Lesley and Jeff had been on many travel adventures together over the years including crocodile hunting in Borneo, trekking through the Amazon rainforest and along the Cang Shen in the foothills of the Himalayas, and zipping over the ocean in a jet boat in New Zealand.
They had visited friends around the world in Canada, Singapore, Switzerland and The Netherlands where they had happily lived for eight years. They took their boys on many camping trips and, on one occasion, they returned to the camp site to find that their tent had blown away. They also took road trips all around Europe exploring history and culture as well as kayaking the rivers and sampling the local food.
On their final trip together, they flew into Auckland and explored both the north and south islands of New Zealand before travelling to Melbourne, up to Cairns to dive in the Great Barrier Reef then down to Adelaide and Sydney before returning to the UK. Irreplaceable memories include travelling inland to Uluru to have dinner under the stars, having a campfire barbeque in an old canyon in Alice Springs whilst being watched by kangaroos and catching a performance at the Sydney Opera House.
Their plans to return to the West Coast of Australia and island hop across the Pacific to San Francisco will sadly never come to fruition. Lesley still has the travel bug and she is planning to spend a couple of months in South America soon, which she and Jeff had originally planned to do in January 2021.

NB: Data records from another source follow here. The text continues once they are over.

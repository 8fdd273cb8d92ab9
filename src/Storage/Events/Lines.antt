-- ===== src/Storage/Events/Lines.antt =====
-- The lines of a file in parts.
use open_covibe_web.Common.{
  ℕ, zero, suc, ◌≤◌, Bool, true, false, ◌&&◌, List, [], ◌∷◌, ◌++◌, ◌==◌, ◌≡◌, refl, arith, ap, ◌∙◌,
  Bool-cases, All, sym, inl, inr,
}
use open_covibe_web.Models.Json.{Json, get_u64}
use open_covibe_web.Storage.Events.{
  Serde, lines, is_newline, longer, line_value, or_nothing, values, seq_of, seqs, skip,
  after_newline, replay, replay_value,
}

pub append_assoc {ℓ} : {A : Type ℓ} → (xs ys zs : List A) → (xs ++ ys) ++ zs ≡ xs ++ (ys ++ zs)
append_assoc [] ys zs = refl
append_assoc (x ∷ xs) ys zs = ap (λ r. x ∷ r) (append_assoc xs ys zs)

pub append_nil {ℓ} : {A : Type ℓ} → (xs : List A) → xs ++ [] ≡ xs
append_nil [] = refl
append_nil (x ∷ xs) = ap (λ r. x ∷ r) (append_nil xs)

-- The part is the end of the whole.
abbrev pub Ends {ℓ} : {A : Type ℓ} → List A → List A → Type ℓ
Ends {A = A} part whole = (front : List A) × (front ++ part ≡ whole)

module _ {ℓ} {A : Type ℓ} where
  Ends-refl : (xs : List A) → Ends xs xs
  Ends-refl xs = ([], refl)

  Ends-skip : (x : A) (xs ys : List A) → Ends xs ys → Ends xs (x ∷ ys)
  Ends-skip x xs ys (front, e) = (x ∷ front, ap (λ r. x ∷ r) e)

abbrev rest {ℓ} : {A : Type ℓ} → List A → List A
rest [] = []
rest (x ∷ xs) = xs

Ends-rest : (part : List (List ℕ)) (ls : List (List ℕ)) → Ends part (rest ls) → Ends part ls
Ends-rest part [] e = e
Ends-rest part (l ∷ ls) e = Ends-skip l part ls e

rest-longer : (b : ℕ) (ls : List (List ℕ)) → rest (longer b ls) ≡ rest ls
rest-longer b [] = refl
rest-longer b (l ∷ ls) = refl

-- One byte more at the front.
Ends-lines :
    (part : List (List ℕ)) (b : ℕ) (bs : List ℕ)
    → Ends part (rest (lines bs))
    → Ends part (rest (lines (b ∷ bs)))
unfolding lines
Ends-lines part b bs e = elim (Bool-cases (b == 10)) [
  | inl h ↦ rw h (Ends-rest part (lines bs) e)
  | inr h ↦ elim (Bool-cases ((b == 13) && is_newline bs)) [
    | inl k ↦ rw (h, k) e
    | inr k ↦ rw (h, k, rest-longer b (lines bs)) e
  ]
]

lines-after_newline : (bs : List ℕ) → Ends (lines (after_newline bs)) (rest (lines bs))
unfolding lines
lines-after_newline [] = ([], refl)
lines-after_newline (b ∷ bs) = elim (Bool-cases (b == 10)) [
  | inl h ↦ rw (h) (Ends-refl (lines bs))
  | inr h ↦ elim (Bool-cases ((b == 13) && is_newline bs)) [
    | inl k ↦ rw (h, k) (lines-after_newline bs)
    | inr k ↦ rw (h, k, rest-longer b (lines bs)) (lines-after_newline bs)
  ]
]

-- The lines after the first newline that follows some bytes are the last lines of the whole.
lines-skip : (n : ℕ) (bs : List ℕ) → Ends (lines (after_newline (skip n bs))) (rest (lines bs))
unfolding lines
lines-skip zero bs = lines-after_newline bs
lines-skip (suc n) [] = ([], refl)
lines-skip (suc n) (b ∷ bs) = Ends-lines (lines (after_newline (skip n bs))) b bs (lines-skip n bs)

pub lines-tail : (n : ℕ) (bs : List ℕ) → Ends (lines (after_newline (skip n bs))) (lines bs)
lines-tail n bs = Ends-rest (lines (after_newline (skip n bs))) (lines bs) (lines-skip n bs)

-- A file that is empty or ends with a newline.
abbrev pub is_whole : List ℕ → Bool
is_whole [] = true
is_whole (b ∷ []) = b == 10
is_whole (b ∷ c ∷ bs) = is_whole (c ∷ bs)

abbrev is_cons {ℓ} : {A : Type ℓ} → List A → Bool
is_cons [] = false
is_cons (x ∷ xs) = true

lines_more : (b : ℕ) (bs : List ℕ) → is_cons (lines (b ∷ bs)) ≡ true
unfolding lines
lines_more b [] = ground arith
lines_more b (c ∷ bs) = ground (arith, lines_more c bs)

longer-append :
    (b : ℕ) (ls ks : List (List ℕ)) → is_cons ls ≡ true → longer b (ls ++ ks) ≡ longer b ls ++ ks
longer-append b [] ks h = ground arith
longer-append b (l ∷ ls) ks h = refl

pub lines-append : (f g : List ℕ) → is_whole f ≡ true → lines (f ++ g) ≡ lines f ++ lines g
unfolding lines
lines-append [] g w = refl
lines-append (b ∷ []) g w = rw w refl
lines-append (b ∷ c ∷ bs) g w =
    ground (
      arith,
      lines-append (c ∷ bs) g w,
      longer-append b (lines (c ∷ bs)) (lines g) (lines_more c bs),
    )

-- A text without control characters.
abbrev pub Printable : List ℕ → Type 0
Printable bs = All (λ b. 32 ≤ b) bs

pub lines-Printable : (l : List ℕ) → Printable l → lines (l ++ 10 ∷ []) ≡ l ∷ []
unfolding lines
lines-Printable [] p = refl
lines-Printable (b ∷ bs) p = ground (arith, lines-Printable bs p.1)

pub is_whole-append : (f l : List ℕ) → is_whole (f ++ (l ++ 10 ∷ [])) ≡ true
is_whole-append [] [] = refl
is_whole-append [] (b ∷ []) = refl
is_whole-append [] (b ∷ c ∷ l) = is_whole-append [] (c ∷ l)
is_whole-append (b ∷ []) [] = refl
is_whole-append (b ∷ []) (c ∷ l) = is_whole-append [] (c ∷ l)
is_whole-append (b ∷ c ∷ f) l = is_whole-append (c ∷ f) l

pub values-append :
    (t : Serde) (ls ks : List (List ℕ)) → values t (ls ++ ks) ≡ values t ls ++ values t ks
values-append t [] ks = refl
values-append t (l ∷ ls) ks =
    ap (λ r. or_nothing (line_value t l) ++ r) (values-append t ls ks)
    ∙ sym (append_assoc (or_nothing (line_value t l)) (values t ls) (values t ks))

pub seqs-append : (vs ws : List Json) → seqs (vs ++ ws) ≡ seqs vs ++ seqs ws
seqs-append [] ws = refl
seqs-append (v ∷ vs) ws =
    ap (λ r. seq_of (get_u64 "seq" v) ++ r) (seqs-append vs ws)
    ∙ sym (append_assoc (seq_of (get_u64 "seq" v)) (seqs vs) (seqs ws))

pub replay-append : (m : ℕ) (vs ws : List Json) → replay m (vs ++ ws) ≡ replay m vs ++ replay m ws
replay-append m [] ws = refl
replay-append m (v ∷ vs) ws =
    ap (λ r. replay_value m v ++ r) (replay-append m vs ws)
    ∙ sym (append_assoc (replay_value m v) (replay m vs) (replay m ws))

It was following Jeff’s diagnosis that Lesley searched online for information and found The Brain Tumour Charity’s website. She thinks that sources of information and support, such as those which the Charity provides, should have been flagged up by the Care team at the hospital.
She said: “I had to find all of the information myself yet it has helped me to understand what has happened to Jeff and the real devastation which brain tumours can cause. Other people’s stories really helped to provide a context to what was going on in my own life.
“The hospice, I am sure, would have provided a lot more support and information if it wasn’t for the pandemic. But, because they were adjusting to the circumstances too, they couldn’t offer as much as they would usually do. But we still need help and support during these tough times, to be able to give the ones we love the time and energy they need from us.
“The weeks when Jeff was in hospital were worse than the nightmare of worrying about caring for him at home - at least I could see him and speak to him then. The pain of the isolation for both of us during the hospital stays during Covid will remain with me forever - as will the feeling that I failed him at the end by not being with him when he died.
“Jeff and I had been together since we were in our 20s. He was the love of my life and all that I had ever wanted or needed – Jeff was the sweetest and kindest man with a huge heart. Now he’s not here and it’s really hard – I feel that brain cancer has robbed us of the future which we had planned together.”